I suppose clarified butter might leave it a little stiffer, too... I always have stuck with the Crisco. I am really picky with colors, so I tend to get frustrated when my reds turn out a little orange looking. I was just wondering if anyone has tried it. ( I meant for the frosting, not cake.)

sarahscakes Posted 12 Aug 2005 , 2:53pm
post #49 of 707

This is a great topic for an article!!! So much to talk about. I put condensed milk in my buttercream to thin it. It tastes really yummy! It does yellow it slightly but no one ever notices that. icon_biggrin.gif

sarahscakes Posted 12 Aug 2005 , 2:57pm
post #50 of 707

Yeah the black bleeding into the white is a big problem. I think if we try making the black icing stiffer, then it won't have as much moisture in it and may last longer on the white. And also not refrigerating it cause that causes condensation when you take it out.

vicky Posted 2 Sep 2005 , 3:22am
post #51 of 707

For those asking about the VIVA papertowels, after icing your layers allow the icing to crust. Touch the icing to see if it comes off on your finger. Do not let the icing set too long. It all depends on the humidity. Take a paper towel, Viva is smoother than others, place it on the cake and gently smooth the icing. You can use other brands of paper towels if you want different designs, ie. rings as in Brawny etc. I always look for different designs in the stores. It looks great and gives your cake a little texture.

Vicky, MO

Daniela Posted 19 Sep 2005 , 7:56pm
post #52 of 707

I think this article is going to be a success.
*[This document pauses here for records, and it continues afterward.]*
-- ===== src/Graph/Fill.antt =====
-- The scatter loop of RebuildCsr (src/common/graph.cpp): every slot of a row receives its entry, in
-- edge order, and no write of another row disturbs it.
use mathlib.Core.Path.{fun_ext}
use mathlib.Core.List.{append-nil, append_assoc}
use cuda_edge_elimination.Base.{
  ℕ, suc, ◌+◌, ◌≤◌, ◌<◌, ◌≡◌, ◌≢◌, refl, sym, ◌∙◌, ◌⊎◌, inl, inr, List, [], ◌∷◌, ◌++◌, true, ltb,
  ◌==◌, ==_iff, if◌then◌else◌, get_or, length, length-set, length-append, get_or-set_self,
  get_or-set_ne, arith, Bool-cases, subst, ltb→lt, get_or-append_left, get_or-append_last,
}
use cuda_edge_elimination.Types.{Edge}
use cuda_edge_elimination.Graph.{Slot, Filling, blank_slot, minus_one, read_slot, place, fill}
use cuda_edge_elimination.Graph.Offsets.{edge_slots, incident, InRange}

abbrev pub read : Filling → ℕ → Slot
read s i = read_slot s.neighbors s.csr_edge_ids s.csr_weights i

read-place_self :
    (from to id weight i total : ℕ) (s : Filling)
    → get_or s.cursor from 0 ≡ i
    → i < total
    → length s.neighbors ≡ total
    → length s.csr_edge_ids ≡ total
    → length s.csr_weights ≡ total
    → read (place from to id weight s) i ≡ record { neighbor = to; edge_id = id; weight = weight }
unfolding place
read-place_self from to id weight i total s e lt hn hi hw = rw e (
    ground (
      arith,
      get_or-set_self s.neighbors i to minus_one,
      get_or-set_self s.csr_edge_ids i id minus_one,
      get_or-set_self s.csr_weights i weight 0,
    ))

read-place_ne :
    (from to id weight i : ℕ) (s : Filling)
    → get_or s.cursor from 0 ≢ i
    → read (place from to id weight s) i ≡ read s i
unfolding place
read-place_ne from to id weight i s ne =
    let slot = get_or s.cursor from 0 in
    ground (
      arith,
      get_or-set_ne s.neighbors slot i to minus_one ne,
      get_or-set_ne s.csr_edge_ids slot i id minus_one ne,
      get_or-set_ne s.csr_weights slot i weight 0 ne,
    )

-- `start w` and `start (w + 1)` delimit the row of `w`; `have w` is what stands in it so far.
module _ (n total : ℕ) (start : ℕ → ℕ) (mono : (i j : ℕ) → i ≤ j → j ≤ n → start i ≤ start j)
    (within : start n ≤ total) where
  pub record Progress (have : ℕ → List Slot) (s : Filling) : Type 0 where
    pub cursors : length s.cursor ≡ suc n
    pub size_neighbors : length s.neighbors ≡ total
    pub size_ids : length s.csr_edge_ids ≡ total
    pub size_weights : length s.csr_weights ≡ total
    pub cursor_eq : (w : ℕ) → w < n → get_or s.cursor w 0 ≡ start w + length (have w)
    pub slot_eq :
        (w k : ℕ)
        → w < n
        → k < length (have w)
        → read s (start w + k) ≡ get_or (have w) k blank_slot

  abbrev push : (ℕ → List Slot) → ℕ → Slot → ℕ → List Slot
  push have from a w = if from == w then have w ++ a ∷ [] else have w

  -- Every row has room for what it holds.
  abbrev pub Room : (ℕ → List Slot) → Type 0
  Room have = (w : ℕ) → w < n → start w + length (have w) ≤ start (suc w)

  -- Two rows do not overlap.
  apart :
      (w from : ℕ)
      → w < n
      → from < n
      → w ≢ from
      → (start (suc w) ≤ start from) ⊎ (start (suc from) ≤ start w)
  apart w from hw hf ne = elim (Bool-cases (ltb w from)) [
    | inl lt ↦ inl (mono (suc w) from (ltb→lt w from lt) (omega arith))
    | inr ge ↦ inr (mono (suc from) w (ground arith) (omega arith))
  ]

  module _ (have : ℕ → List Slot) (s : Filling) (from to id weight : ℕ) (hf : from < n)
      (v : Progress have s) where
    abbrev new : Slot
    new = record { neighbor = to; edge_id = id; weight = weight }

    push_self : (w : ℕ) → from ≡ w → push have from new w ≡ have w ++ new ∷ []
    push_self w e = rw ((==_iff from w).1 e)

    push_other : (w : ℕ) → from ≢ w → push have from new w ≡ have w
    push_other w ne = ground arith

    place_cursor :
        (w : ℕ)
        → w < n
        → get_or (place from to id weight s).cursor w 0 ≡ start w + length (push have from new w)
    unfolding place
    place_cursor w lt =
        let slot = get_or s.cursor from 0 in
        ground (
          arith,
          get_or-set_self s.cursor from (slot + 1) 0,
          get_or-set_ne s.cursor from w (slot + 1) 0,
          v.cursors,
          v.cursor_eq w lt,
          length-append (have w) (new ∷ []),
        )

    place_self :
        (k : ℕ)
        → start from + length (have from) < total
        → k < length (have from ++ new ∷ [])
        → read (place from to id weight s) (start from + k)
          ≡ get_or (have from ++ new ∷ []) k blank_slot
    place_self k fits hk =
        let at = v.cursor_eq from hf in
        elim (Bool-cases (k == length (have from))) [
          | inl last ↦
              let e : k ≡ length (have from) = (==_iff k (length (have from))).0 last in
              rw (e, get_or-append_last (have from) new blank_slot)
                (read-place_self from to id weight (start from + length (have from)) total s at fits
                  v.size_neighbors v.size_ids v.size_weights)
          | inr earlier ↦
              let less : k < length (have from) =
                ground (arith, length-append (have from) (new ∷ [])) in
              read-place_ne from to id weight (start from + k) s (omega arith)
              ∙ v.slot_eq from k hf less
              ∙ sym (get_or-append_left (have from) (new ∷ []) k blank_slot less)
        ]

    place_other :
        (w k : ℕ)
        → w < n
        → w ≢ from
        → start from + length (have from) < start (suc from)
        → start w + length (have w) ≤ start (suc w)
        → k < length (have w)
        → read (place from to id weight s) (start w + k) ≡ get_or (have w) k blank_slot
    place_other w k lt ne fits room hk =
        read-place_ne from to id weight (start w + k) s
          (omega (arith, v.cursor_eq from hf, apart w from lt hf ne))
        ∙ v.slot_eq w k lt hk

    place_slot :
        Room (push have from new)
        → (w k : ℕ) → w < n
        → k < length (push have from new w)
        → read (place from to id weight s) (start w + k)
          ≡ get_or (push have from new w) k blank_slot
    place_slot room w k lt hk =
        let room_from = rw (push_self from refl) at (room from hf) in
        let fits : start from + length (have from) < start (suc from) =
          omega (arith, length-append (have from) (new ∷ [])) in
        let below = mono (suc from) n (omega arith) (omega arith) in
        elim (Bool-cases (from == w)) [
          | inl hit ↦
              let e : from ≡ w = (==_iff from w).0 hit in
              let hk' : k < length (have from ++ new ∷ []) =
                subst (λ x. k < length (have x ++ new ∷ [])) (sym e) (rw (push_self w e) at hk) in
              rw (push_self w e) (
                subst
                  (λ x.
                    read (place from to id weight s) (start x + k)
                    ≡ get_or (have x ++ new ∷ []) k blank_slot)
                  e (place_self k (omega arith) hk'))
          | inr miss ↦
              let ne : from ≢ w = ground arith in
              rw (push_other w ne) (
                place_other w k lt (λ e. ne (sym e)) fits (rw (push_other w ne) at (room w lt))
                  (rw (push_other w ne) at hk))
        ]

    place-Progress :
        Room (push have from new) → Progress (push have from new) (place from to id weight s)
    unfolding place
    place-Progress room = record {
      cursors = length-set s.cursor from _ ∙ v.cursors;
      size_neighbors = length-set s.neighbors (get_or s.cursor from 0) to ∙ v.size_neighbors;
      size_ids = length-set s.csr_edge_ids (get_or s.cursor from 0) id ∙ v.size_ids;
      size_weights = length-set s.csr_weights (get_or s.cursor from 0) weight ∙ v.size_weights;
      cursor_eq = place_cursor;
      slot_eq = place_slot room;
    }

  -- What an edge adds to every row.
  abbrev push_edge : (ℕ → List Slot) → ℕ → Edge → ℕ → List Slot
  push_edge have id e w = have w ++ edge_slots id e w

  abbrev slot_u : ℕ → Edge → Slot
  slot_u id e = record { neighbor = e.v; edge_id = id; weight = e.weight }

  abbrev slot_v : ℕ → Edge → Slot
  slot_v id e = record { neighbor = e.u; edge_id = id; weight = e.weight }

  push-push_edge :
      (have : ℕ → List Slot) (id : ℕ) (e : Edge) (w : ℕ)
      → e.active ≡ true
      → push (push have e.u (slot_u id e)) e.v (slot_v id e) w ≡ push_edge have id e w
  unfolding edge_slots
  push-push_edge have id e w on =
      ground
        (arith, append_assoc (have w) (slot_u id e ∷ []) (slot_v id e ∷ []), append-nil (have w))

  length-push_le :
      (have : ℕ → List Slot) (from : ℕ) (a : Slot) (w : ℕ)
      → length (have w) ≤ length (push have from a w)
  length-push_le have from a w = ground (arith, length-append (have w) (a ∷ []))

  abbrev fill_edge : ℕ → Filling → Edge → Filling
  fill_edge id s e = if e.active then place e.v e.u id e.weight (place e.u e.v id e.weight s) else s

  fill_edge-Progress :
      (have : ℕ → List Slot) (id : ℕ) (e : Edge) (s : Filling)
      → e.u < n
      → e.v < n
      → Progress have s
      → Room (push_edge have id e)
      → Progress (push_edge have id e) (fill_edge id s e)
  unfolding edge_slots
  fill_edge-Progress have id e s hu hv p room = elim (Bool-cases e.active) [
    | inl on ↦
        let same : push (push have e.u (slot_u id e)) e.v (slot_v id e) ≡ push_edge have id e =
          fun_ext (λ w. push-push_edge have id e w on) in
        let room_both = subst Room (sym same) room in
        let first = place-Progress have s e.u e.v id e.weight hu p (λ w lt. omega (
          arith,
          room_both w lt,
          length-push_le (push have e.u (slot_u id e)) e.v (slot_v id e) w,
        )) in
        let both =
          place-Progress (push have e.u (slot_u id e)) (place e.u e.v id e.weight s) e.v e.u id
            e.weight hv first room_both in
        subst (λ h. Progress h (fill_edge id s e)) same (rw on both)
    | inr off ↦
        let same : have ≡ push_edge have id e =
          fun_ext (λ w. ground (arith, append-nil (have w))) in
        subst (λ h. Progress h (fill_edge id s e)) same (rw off p)
  ]

  pub fill-Progress :
      (have : ℕ → List Slot) (id : ℕ) (es : List Edge) (s : Filling)
      → InRange n es
      → Progress have s
      → Room (λ w. have w ++ incident id es w)
      → Progress (λ w. have w ++ incident id es w) (fill id s es)
  unfolding fill incident
  fill-Progress have id [] s h p room =
      let same : have ≡ (λ w. have w ++ []) = fun_ext (λ w. sym (append-nil (have w))) in
      subst (λ x. Progress x s) same p
  fill-Progress have id (e ∷ es) s (hu, hv, _, h) p room =
      let same : (λ w. (have w ++ edge_slots id e w) ++ incident (suc id) es w)
          ≡ (λ w. have w ++ incident id (e ∷ es) w) =
        fun_ext (λ w. append_assoc (have w) (edge_slots id e w) (incident (suc id) es w)) in
      let room' = subst Room (sym same) room in
      let now = fill_edge-Progress have id e s hu hv p (λ w lt. omega (
        arith,
        room' w lt,
        length-append (have w ++ edge_slots id e w) (incident (suc id) es w),
      )) in
      subst (λ x. Progress x (fill (suc id) (fill_edge id s e) es)) same
        (fill-Progress (push_edge have id e) (suc id) es (fill_edge id s e) h now room')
Buttercream is soooooooo good and I'm sure there are a million different ways to make it depending on your taste so I can't wait to read the article. icon_biggrin.gif

mcginnis Posted 28 Sep 2005 , 2:46pm
post #53 of 707

Again, what a lot of great ideas from everyone!
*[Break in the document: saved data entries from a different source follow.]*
-- ===== src/Graph/Rows.antt =====
-- RebuildCsr as a whole (src/common/graph.cpp), and the consistency of a snapshot.
use native.Mathlib.Nat.{add-zero}
use cuda_edge_elimination.Base.{
  ℕ, suc, ◌+◌, ◌-◌, ◌≤◌, ◌<◌, ◌≡◌, refl, List, [], ◌∷◌, true, get_or, length, length-replicate,
  arith, subst,
}
use cuda_edge_elimination.Base.Outcome.{ok}
use cuda_edge_elimination.Types.{Edge}
use cuda_edge_elimination.Graph.{
  GraphSnapshot, Slot, blank_slot, minus_one, read_slot, read_range, filled, canonical_sorted,
  rebuild_csr, row, degree,
}
use cuda_edge_elimination.Graph.Offsets.{
  incident, InRange, offset, offset_next, offset_mono, length-offsets_of,
}
use cuda_edge_elimination.Graph.Order.{SortedEdges, SortedEdges-canonical_sorted}
use cuda_edge_elimination.Graph.Fill.{Progress, fill-Progress, read}

module _ (n : ℕ) (es : List Edge) (h : InRange n es) where
  abbrev start : ℕ → ℕ
  start w = offset n es h w

  start_mono : (i j : ℕ) → i ≤ j → j ≤ n → start i ≤ start j
  start_mono i j le lt =
      let e : i + (j - i) ≡ j = omega arith in
      subst (λ k. start i ≤ start k) e (offset_mono n es h (j - i) i (omega arith))

  row_count : (w : ℕ) → w < n → start (w + 1) - start w ≡ length (incident 0 es w)
  row_count w lt =
      let e : w + 1 ≡ suc w = omega arith in rw e (omega (arith, offset_next n es h w lt))

  filled-Progress :
      Progress n (start n) start start_mono (omega arith) (λ w. incident 0 es w) (filled n es)
  unfolding filled
  filled-Progress =
      fill-Progress n (start n) start start_mono (omega arith) (λ w. []) 0 es _ h
        (record {
          cursors = length-offsets_of n es;
          size_neighbors = length-replicate (start n) minus_one;
          size_ids = length-replicate (start n) minus_one;
          size_weights = length-replicate (start n) 0;
          cursor_eq = λ w lt. omega arith;
          slot_eq = λ w k lt hk. elim hk [ ];
        })
        (λ w lt. omega (arith, offset_next n es h w lt))

  filled_slot :
      (w k : ℕ)
      → w < n
      → k < length (incident 0 es w)
      → read (filled n es) (start w + k) ≡ get_or (incident 0 es w) k blank_slot
  filled_slot w k lt hk = (filled-Progress).slot_eq w k lt hk

-- A range that agrees with a list at each index is that list.
read_range_eq :
    (ns ids ws : List ℕ) (begin : ℕ) (xs : List Slot)
    → ((k : ℕ) → k < length xs → read_slot ns ids ws (begin + k) ≡ get_or xs k blank_slot)
    → read_range ns ids ws begin (length xs) ≡ xs
unfolding read_range
read_range_eq ns ids ws begin [] h = refl
read_range_eq ns ids ws begin (x ∷ xs) h =
    let first : read_slot ns ids ws begin ≡ x =
      subst (λ i. read_slot ns ids ws i ≡ x) (add-zero begin) (h 0 (omega arith)) in
    let rest = read_range_eq ns ids ws (suc begin) xs (λ k lt.
      subst (λ i. read_slot ns ids ws i ≡ get_or xs k blank_slot) (omega arith)
        (h (suc k) (omega arith))) in
    rw (first, rest)

pub record IsWellFormed (g : GraphSnapshot) : Type 0 where
  pub sorted : SortedEdges g.edges
  pub in_range : InRange g.dimension g.edges
  pub rows : (w : ℕ) → w < g.dimension → row g w ≡ incident 0 g.edges w
  pub degrees : (w : ℕ) → w < g.dimension → degree g w ≡ ok (length (incident 0 g.edges w))

pub row-rebuild_csr :
    (g : GraphSnapshot) (w : ℕ)
    → canonical_sorted g.edges ≡ true
    → InRange g.dimension g.edges
    → w < g.dimension
    → row (rebuild_csr g) w ≡ incident 0 g.edges w
unfolding row rebuild_csr
row-rebuild_csr g w canonical h lt =
    let n = g.dimension in
    let es = g.edges in
    let s = filled n es in
    let count : offset n es h (w + 1) - offset n es h w ≡ length (incident 0 es w) =
      row_count n es h w lt in
    rw canonical (
      rw count (
        read_range_eq s.neighbors s.csr_edge_ids s.csr_weights (offset n es h w) (incident 0 es w)
          (λ k hk. filled_slot n es h w k lt hk)))

pub degree-rebuild_csr :
    (g : GraphSnapshot) (w : ℕ)
    → InRange g.dimension g.edges
    → w < g.dimension
    → degree (rebuild_csr g) w ≡ ok (length (incident 0 g.edges w))
unfolding degree rebuild_csr
degree-rebuild_csr g w h lt = ground (arith, row_count g.dimension g.edges h w lt)

-- For edges in canonical order whose ends are distinct vertices, RebuildCsr leaves a consistent
-- snapshot, whatever the arrays held: every row lists the active edges at its vertex in ascending
-- order of the neighbours, with their ids and weights, and Degree returns the length of the row.
pub rebuild_csr-IsWellFormed :
    (g : GraphSnapshot)
    → SortedEdges g.edges
    → InRange g.dimension g.edges
    → IsWellFormed (rebuild_csr g)
unfolding rebuild_csr
rebuild_csr-IsWellFormed g sorted h = record {
  sorted = sorted;
  in_range = h;
  rows = λ w lt. row-rebuild_csr g w (SortedEdges-canonical_sorted g.edges sorted) h lt;
  degrees = λ w lt. degree-rebuild_csr g w h lt;
}

pub rebuild_csr-edges : (g : GraphSnapshot) → (rebuild_csr g).edges ≡ g.edges
unfolding rebuild_csr
rebuild_csr-edges g = refl

pub rebuild_csr-dimension : (g : GraphSnapshot) → (rebuild_csr g).dimension ≡ g.dimension
unfolding rebuild_csr
rebuild_csr-dimension g = refl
I have a question about buttercream that may help others as well.
Is there a good receipe, (that dosen't crust up), that will hold up well in room temp after taking it out of the freezer?
I have a big problem with condensation on the cake, and it happens every single time!
Thanks!
mcginnis(lisa)

mcginnis Posted 28 Sep 2005 , 2:51pm
post #54 of 707

Hello everyone,

I have a tip on how to make rich tasting chocolate buttercream.
I use to use cocoa and found that it just didn't taste up to par. I then decided to melt a whole bag of chocolate chips and add that to my frosting batter.
It tasted great!
Be careful though, the chocolate acts as a thinning agent, so I deleted the milk from my receipe so that the frosting wasn't too thin. It worked great!
lisa (mcginnis)

finally928 Posted 29 Sep 2005 , 6:20pm
post #55 of 707
Quote:
Originally Posted by sheilaattaway

Has anyone tried the upside down trick in the articles. It is the best ever. I have a hard time spreading butter cream evenly, i hate not having a perfect, smooth cake. This is the best trick ever. Everyone should try it.





icon_confused.gif
Seeing as I need all the help i can get w/ my frostings, I would love to hear what this is!!

Thanks!

ncdessertdiva Posted 5 Oct 2005 , 5:52pm
post #56 of 707

I have a great flavor combination for buttercream frosting - use 1/3 tsp of vanilla flavoring, 1/3 butter flavoring and 1/3 almond flavoring. That is the basic measurement for one pound of buttercream (using 1 cup of Crisco and 1 lb of confectioner's sugar). I adjust to taste and consistency if I have to add more confectioners sugar or liquid to the frosting.

finally928 Posted 5 Oct 2005 , 6:00pm
post #57 of 707

I've heard of that -- i think some people call that "Snow White Buttercream" ....

CakemanOH Posted 11 Oct 2005 , 2:57am
post #58 of 707

If you want to get away from the greasy tase of Crisco then switch to Hi Ratio and add an icing base. It puts crisco and butter to shame and does not break down like crisco.

cocopuff Posted 11 Oct 2005 , 3:08am
post #59 of 707

Ceculsk,

What's an icing base?

CakemanOH Posted 11 Oct 2005 , 3:09am
post #60 of 707

If you want to get away from the greasy tase of Crisco then switch to Hi Ratio and add an icing base. It puts crisco and butter to shame and does not break down like crisco.